How long can marijuana be detected in drug tests?
By Hound Labs
The short answer is, it depends. Several drug testing methodologies exist today, and they all detect past usage of marijuana over different time frames. Before we delve deeper in the specifics, let’s first agree on what we mean by a detection window.
What is a drug detection window?
A drug detection window is simply the time during which a drug can be detected in a biological sample, such as blood, urine, oral fluids, or breath. What bookends the higher and lower bounds of drug detection times is a cutoff value for the test being performed. The cutoff level is set to optimize the detection of the drug while minimizing false positives. Drug levels below the cutoff mark will appear both before and after the detection window.
Marijuana detection times
The detection window for marijuana varies depending on which type of drug test is used (see Figure 1). Urine is the most common type of drug test given.1 Its detection window for marijuana is up to 30 days.2 This is somewhat dependent on a variety of factors, including frequency of use. An occasional smoker who uses marijuana a few days a month may have THC remain in his or her body for only a few days, whereas a chronic smoker who smokes daily may have traces of THC in his or her body for up to a month.3
The marijuana detection window using an oral fluid drug test is narrower (up to 24 hours).4 The detection window using breath provides the shortest detection window of up to 2-3 hours after smoking and slightly longer when marijuana is ingested.5 This is an important distinction because while THC or its metabolites may remain in a person’s system for days or weeks, a person is clearly not impaired for that period of time. Only the detection window for breath corresponds closely to the peak impairment window of when someone is under the influence of marijuana.6
What is the best drug testing method?
Once again, this depends. Each drug testing method may suit certain situations based on budget, testing environment, and the goal of the employer or law enforcement officer administering the test. If the goal is to determine recent use and whether someone is likely impaired at a particular time, then a breath test would be the best choice. A breath test has the shortest marijuana detection window and is the only drug testing technology that correlates with recent marijuana use and peak impairment.
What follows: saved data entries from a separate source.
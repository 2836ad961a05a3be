-- ===== src/Config/Loading.antt =====
-- Where a configuration comes from (internal/config/defaults.go, internal/config/loader.go and
-- internal/config/duration.go). The environment, the files and the decoding of JSON are parameters.
use agent.Base.{ℕ, ◌*◌, true, false, Option, none, some, [], ◌∷◌, if◌then◌else◌}
use agent.Num.{ℤ, pos}
use agent.Text.{Text, codes, is_empty}
use agent.Config.{SignalConfig, ModelBackendConfig, Config}
use agent.Config.Validate.{Parsers, ConfigError}
use agent.Config.Whole.{validate}

abbrev pub seconds : ℕ → ℤ
seconds n = pos (n * 1_000_000_000)

abbrev mock_backend : Text → Text → ModelBackendConfig
mock_backend name model = record {
  name = name;
  type = codes "mock";
  base_url = [];
  api_key = [];
  api_key_env = [];
  models = name ∷ model ∷ [];
}

abbrev pub enabled_signal : SignalConfig
enabled_signal = record { enabled = true; endpoint = [] }

-- `Default`; `one` is the number of requests per second.
unfoldable pub default_config : {F : Type 0} → F → Config F
default_config one = record {
  server = record {
    address = codes ":8080";
    read_header_timeout = seconds 5;
    shutdown_timeout = seconds 10;
  };
  observability = record {
    metrics_namespace = codes "gateway";
    tracing_enabled = true;
    open_telemetry = record {
      enabled = true;
      service_name = codes "telemetry-gateway";
      service_version = codes "dev";
      environment = [];
      endpoint = [];
      insecure = true;
      headers = [];
      export_timeout = seconds 10;
      traces = enabled_signal;
      logs = enabled_signal;
    };
    stack = record { enabled = false; services = []; dashboards = [] };
  };
  auth = record { enabled = false; header = codes "Authorization"; keys = [] };
  rate_limit = record {
    user = record {
      enabled = false;
      identity_header = codes "X-User-ID";
      requests_per_second = one;
      burst = pos 1;
    };
    concurrency = record { enabled = false; max_in_flight = pos 100 };
  };
  token_usage = record {
    enabled = false;
    identity_header = codes "X-User-ID";
    window = seconds 86_400;
    default_budget_tokens = pos 100_000;
    default_max_completion_tokens = pos 1024;
    user_budgets = [];
  };
  ai = record {
    request_timeout = seconds 30;
    first_token_timeout = seconds 30;
    circuit_breaker = record {
      enabled = true;
      failure_threshold = pos 3;
      open_timeout = seconds 30;
      half_open_max_requests = pos 1;
    };
    fallbacks = [];
    backends =
        mock_backend (codes "mock-a") (codes "gpt-4o-mini")
        ∷ mock_backend (codes "mock-b") (codes "gpt-4.1-mini")
        ∷ [];
  };
}

-- `json.Unmarshal` into a string and into an integer, and `time.ParseDuration`; `none` is an error.
pub record DurationJson : Type 0 where
  pub as_string : Text → Option Text
  pub as_int : Text → Option ℤ
  pub parse_duration : Text → Option ℤ

unfoldable pub unmarshal_duration : DurationJson → Text → Option ℤ
unmarshal_duration json text = elim (json.as_string text) [
  | some raw ↦ json.parse_duration raw
  | none ↦ json.as_int text
]

-- The environment, the files, and the decoder, which writes over a configuration.
pub record Outer (F : Type 0) : Type 0 where
  pub getenv : Text → Text
  pub read_file : Text → Option Text
  pub decode : Text → Config F → Option (Config F)

pub data Loaded (F : Type 0) : Type 0 where
  unreadable unparsable : Loaded F
  invalid : ConfigError → Loaded F
  loaded : Config F → Loaded F

module _ {F : Type 0} (p : Parsers F) (o : Outer F) where
  abbrev with_address : Text → Config F → Config F
  with_address value cfg =
      let server = cfg.server in
      if is_empty value then cfg else record cfg { server = record server { address = value } }

  unfoldable pub apply_env_overrides : Config F → Config F
  apply_env_overrides cfg =
      with_address (o.getenv (codes "GATEWAY_ADDR"))
        (with_address (o.getenv (codes "GATEWAY_ADDRESS")) cfg)

  -- `Load` once the file is decoded.
  unfoldable pub check_loaded : Config F → Loaded F
  unfolding apply_env_overrides validate
  check_loaded cfg₀ =
      let cfg = apply_env_overrides cfg₀ in
      elim (validate p cfg) [ some e ↦ invalid e | none ↦ loaded cfg ]

  -- `Load` of the file at a path that is given.
  unfoldable pub load_file : Text → Config F → Loaded F
  unfolding check_loaded
  load_file path cfg = elim (o.read_file path) [
    | none ↦ unreadable
    | some text ↦ elim (o.decode text cfg) [
      | none ↦ unparsable
      | some decoded ↦ check_loaded decoded
    ]
  ]

  unfoldable pub load : F → Text → Loaded F
  unfolding default_config load_file
  load one path₀ =
      let path = if is_empty path₀ then o.getenv (codes "GATEWAY_CONFIG") else path₀ in
      if is_empty path
      then check_loaded (default_config one)
      else load_file path (default_config one)
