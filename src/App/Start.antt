-- ===== src/App/Start.antt =====
-- The start of the gateway (internal/config/loader.go before `New` of internal/app/app.go).
use agent.Base.{
  ◌≡◌, subst, refl, true, Option, none, some, [], arith, Bool-cases, inl, inr, if◌then◌else◌,
}
use agent.Text.{Text, is_empty, codes}
use agent.Map.{has}
use agent.Config.{Config}
use agent.Config.Validate.{Parsers}
use agent.Config.Whole.{validate}
use agent.Config.Loading.{
  Outer, Loaded, unreadable, unparsable, invalid, loaded, apply_env_overrides, check_loaded,
  load_file, load, default_config,
}
use agent.Auth.{ApiKeyAuthenticator, new_api_key_authenticator}
use agent.RateLimit.{RateLimiter}
use agent.Handler.{Handler, new_handler}
use agent.Telemetry.{Runtime, Sdk}
use agent.App.Pipeline.{
  new_gateway, authenticator_of, gateway_with, app_with, runtime_or_new, Gateway,
}
use agent.App.Keys.{validate-authenticator}

-- What is loaded is valid.
abbrev IsAccepted : {F : Type 0} → Parsers F → Loaded F → Type 0
IsAccepted p unreadable = Unit
IsAccepted p unparsable = Unit
IsAccepted p (invalid e) = Unit
IsAccepted p (loaded c) = validate p c ≡ none

module _ {F : Type 0} (p : Parsers F) (o : Outer F) where
  check_loaded-IsAccepted : (c : Config F) → IsAccepted p (check_loaded p o c)
  unfolding check_loaded
  check_loaded-IsAccepted c =
      let cfg = apply_env_overrides p o c in
      elim (validate p cfg)
          as (λ r.
            validate p cfg ≡ r → IsAccepted p (elim r [ some e ↦ invalid e | none ↦ loaded cfg ])) [
              | some e ↦ λ h. tt
              | none ↦ λ h. h
            ]
        refl

  decoded_file : Option (Config F) → Loaded F
  decoded_file none = unparsable
  decoded_file (some decoded) = check_loaded p o decoded

  decoded_file-IsAccepted : (r : Option (Config F)) → IsAccepted p (decoded_file r)
  unfolding decoded_file
  decoded_file-IsAccepted none = tt
  decoded_file-IsAccepted (some decoded) = check_loaded-IsAccepted decoded

  load_file-IsAccepted : (path : Text) (c : Config F) → IsAccepted p (load_file p o path c)
  unfolding load_file decoded_file
  load_file-IsAccepted path c =
      elim (o.read_file path)
        as (λ r.
          IsAccepted p
            (elim r [ none ↦ unreadable | some text ↦ decoded_file (o.decode text c) ])) [
              | none ↦ tt
              | some text ↦ decoded_file-IsAccepted (o.decode text c)
            ]

  load-IsAccepted : (one : F) (path : Text) → IsAccepted p (load p o one path)
  unfolding load
  load-IsAccepted one path₀ =
      let path = if is_empty path₀ then o.getenv (codes "GATEWAY_CONFIG") else path₀ in
      elim (Bool-cases (is_empty path)) [
        | inl no_file ↦ rw (no_file) (check_loaded-IsAccepted (default_config one))
        | inr file ↦ rw (file) (load_file-IsAccepted path (default_config one))
      ]

module _ {F : Type 0} (rate : RateLimiter F) (canonical : Text → Text) (p : Parsers F) (sdk : Sdk)
    (given : Option Runtime) (c : Config F) (ok : validate p c ≡ none) where
  -- An authenticator can be made wherever one is asked for.
  made_authenticator :
      has (authenticator_of c.auth.enabled (new_api_key_authenticator canonical c.auth)) ≡ true
  made_authenticator = elim (Bool-cases c.auth.enabled) [
    | inr off ↦ rw (off) refl
    | inl on ↦
        let (a, ready_made, one_each, apart, named) = validate-authenticator p c ok on canonical in
        rw (ready_made, on) refl
  ]

  gateway_with-has :
      (m : Option (Option ApiKeyAuthenticator))
      → has m ≡ true
      → has (gateway_with rate canonical c m) ≡ true
  gateway_with-has none h = h
  gateway_with-has (some a) h = refl

  app_with-has :
      (r : Option Runtime) (handler : Handler) (route : Option (Gateway F rate.Bucket))
      → has route ≡ true
      → has (app_with rate canonical r handler route) ≡ has r
  app_with-has none handler route h = refl
  app_with-has (some r) handler none h = absurd (ground arith)
  app_with-has (some r) handler (some route) h = refl

  new_gateway-has :
      has (new_gateway rate canonical p sdk given c)
      ≡ has (runtime_or_new sdk given c.observability.open_telemetry)
  unfolding new_gateway
  new_gateway-has = rw (ok) (
      app_with-has (runtime_or_new sdk given c.observability.open_telemetry)
        (new_handler c.ai (some [])) _ (gateway_with-has _ made_authenticator))

-- Telemetry is all that can keep a loaded configuration from starting a gateway: whatever the file and
-- the environment say, from what `Load` returns without an error `New` makes a gateway, without an
-- error, exactly if it is given the runtime of a telemetry or can make one. Neither the configuration
-- nor its API keys are refused any more.
pub load-new_gateway :
    {F : Type 0} (rate : RateLimiter F) (canonical : Text → Text) (p : Parsers F) (o : Outer F)
    (sdk : Sdk) (given : Option Runtime) (one : F) (path : Text) {c : Config F}
    → load p o one path ≡ loaded c
    → has (new_gateway rate canonical p sdk given c)
      ≡ has (runtime_or_new sdk given c.observability.open_telemetry)
load-new_gateway rate canonical p o sdk given one path {c} e =
    new_gateway-has rate canonical p sdk given c
      (subst (IsAccepted p) e (load-IsAccepted p o one path))
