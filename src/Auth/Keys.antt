-- ===== src/Auth/Keys.antt =====
-- Which keys are accepted, and as whom (internal/auth/authenticator.go).
use agent.Base.{
  ℕ, ◌≡◌, ◌⊎◌, refl, sym, true, false, Option, none, some, List, [], ◌∷◌, arith, Bool-cases, inl,
  inr, map,
}
use agent.Text.{Text, text_eq, text_beq_iff}
use agent.Map.{◌==◌, distinct, mem}
use agent.Auth.{Identity, ApiKeyCredential, ApiKeyAuthenticator, match_credentials, authenticate}

-- A credential stands in a list.
pub data In (c : ApiKeyCredential) : List ApiKeyCredential → Type 0 where
  here : {cs : List ApiKeyCredential} → In c (c ∷ cs)
  there : {d : ApiKeyCredential} {cs : List ApiKeyCredential} → In c cs → In c (d ∷ cs)

match_sound :
    (digest : List ℕ) (cs : List ApiKeyCredential) (matched : Option Identity) (identity : Identity)
    → match_credentials digest cs matched ≡ some identity
    → (matched ≡ some identity)
      ⊎ ((c : ApiKeyCredential) × In c cs × (c.hash ≡ digest) × (c.identity ≡ identity))
unfolding match_credentials
match_sound digest [] matched identity e = inl e
match_sound digest (c ∷ cs) matched identity e = elim (match_sound digest cs _ identity e) [
  | inr (d, i, h, same) ↦ inr (d, there i, h, same)
  | inl now ↦ elim (Bool-cases (digest == c.hash)) [
    | inr other ↦ inl (rw other at now)
    | inl hit ↦ inr (c, here, sym ((text_beq_iff digest c.hash).0 hit), ground arith)
  ]
]

match_missing :
    (digest : List ℕ) (cs : List ApiKeyCredential) (matched : Option Identity)
    → mem digest (map (λ c. c.hash) cs) ≡ false
    → match_credentials digest cs matched ≡ matched
unfolding match_credentials mem
match_missing digest [] matched h = refl
match_missing digest (c ∷ cs) matched h =
    ground (
      arith,
      text_beq_iff c.hash digest,
      text_beq_iff digest c.hash,
      match_missing digest cs matched,
    )

match_complete :
    (digest : List ℕ) (cs : List ApiKeyCredential) (matched : Option Identity)
    (c : ApiKeyCredential)
    → In c cs
    → c.hash ≡ digest
    → distinct (map (λ c. c.hash) cs) ≡ true
    → match_credentials digest cs matched ≡ some c.identity
unfolding match_credentials distinct
match_complete digest [] matched c i e d = elim i [ ]
match_complete digest (c ∷ cs) matched _ here e d =
    ground (arith, text_beq_iff digest c.hash, match_missing digest cs (some c.identity))
match_complete digest (b ∷ cs) matched c (there i) e d =
    match_complete digest cs _ c i e (ground arith)

-- Whoever is accepted is the identity of a configured credential whose hash is the digest of the
-- key presented.
pub authenticate_sound :
    (sha256 : Text → List ℕ) (a : ApiKeyAuthenticator) (api_key : Text) {identity : Identity}
    → authenticate sha256 a api_key ≡ some identity
    → (c : ApiKeyCredential) × In c a.credentials
      × (c.hash ≡ sha256 api_key)
      × (c.identity ≡ identity)
unfolding authenticate
authenticate_sound sha256 a api_key {identity} e =
    elim (match_sound _ a.credentials none identity e) [ inl no_match ↦ cc | inr found ↦ found ]

-- Where no hash is configured twice, a key whose digest a credential holds is accepted as that
-- credential's identity, wherever it stands among the credentials.
pub authenticate_complete :
    (sha256 : Text → List ℕ) (a : ApiKeyAuthenticator) (api_key : Text) (c : ApiKeyCredential)
    → In c a.credentials
    → c.hash ≡ sha256 api_key
    → distinct (map (λ c. c.hash) a.credentials) ≡ true
    → authenticate sha256 a api_key ≡ some c.identity
unfolding authenticate
authenticate_complete sha256 a api_key c i e d =
    match_complete (sha256 api_key) a.credentials none c i e d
However, if there is zero-tolerance for marijuana use, then presumably drug tests that have longer detection windows are desirable.
The challenge with marijuana
THC, unlike alcohol and many other drugs, is highly fat-soluble, meaning it is stored in fat tissue. After being stored there, it is slowly released back into the rest of the body, and thus takes a long time before it’s eliminated from the body.7 That is why drug tests can detect THC or its metabolites long after someone is actually impaired by the substance.
Depending on the bodily substance examined, THC or its inactive metabolites are eliminated at different rates and for varying durations. Let’s take a closer look at each type of drug test to better understand why this is.
Breath provides the shortest marijuana detection time of just a few hours due to how THC enters the blood and then is measurable in breath. As a result, breath is the best test method to detect only very recent marijuana use.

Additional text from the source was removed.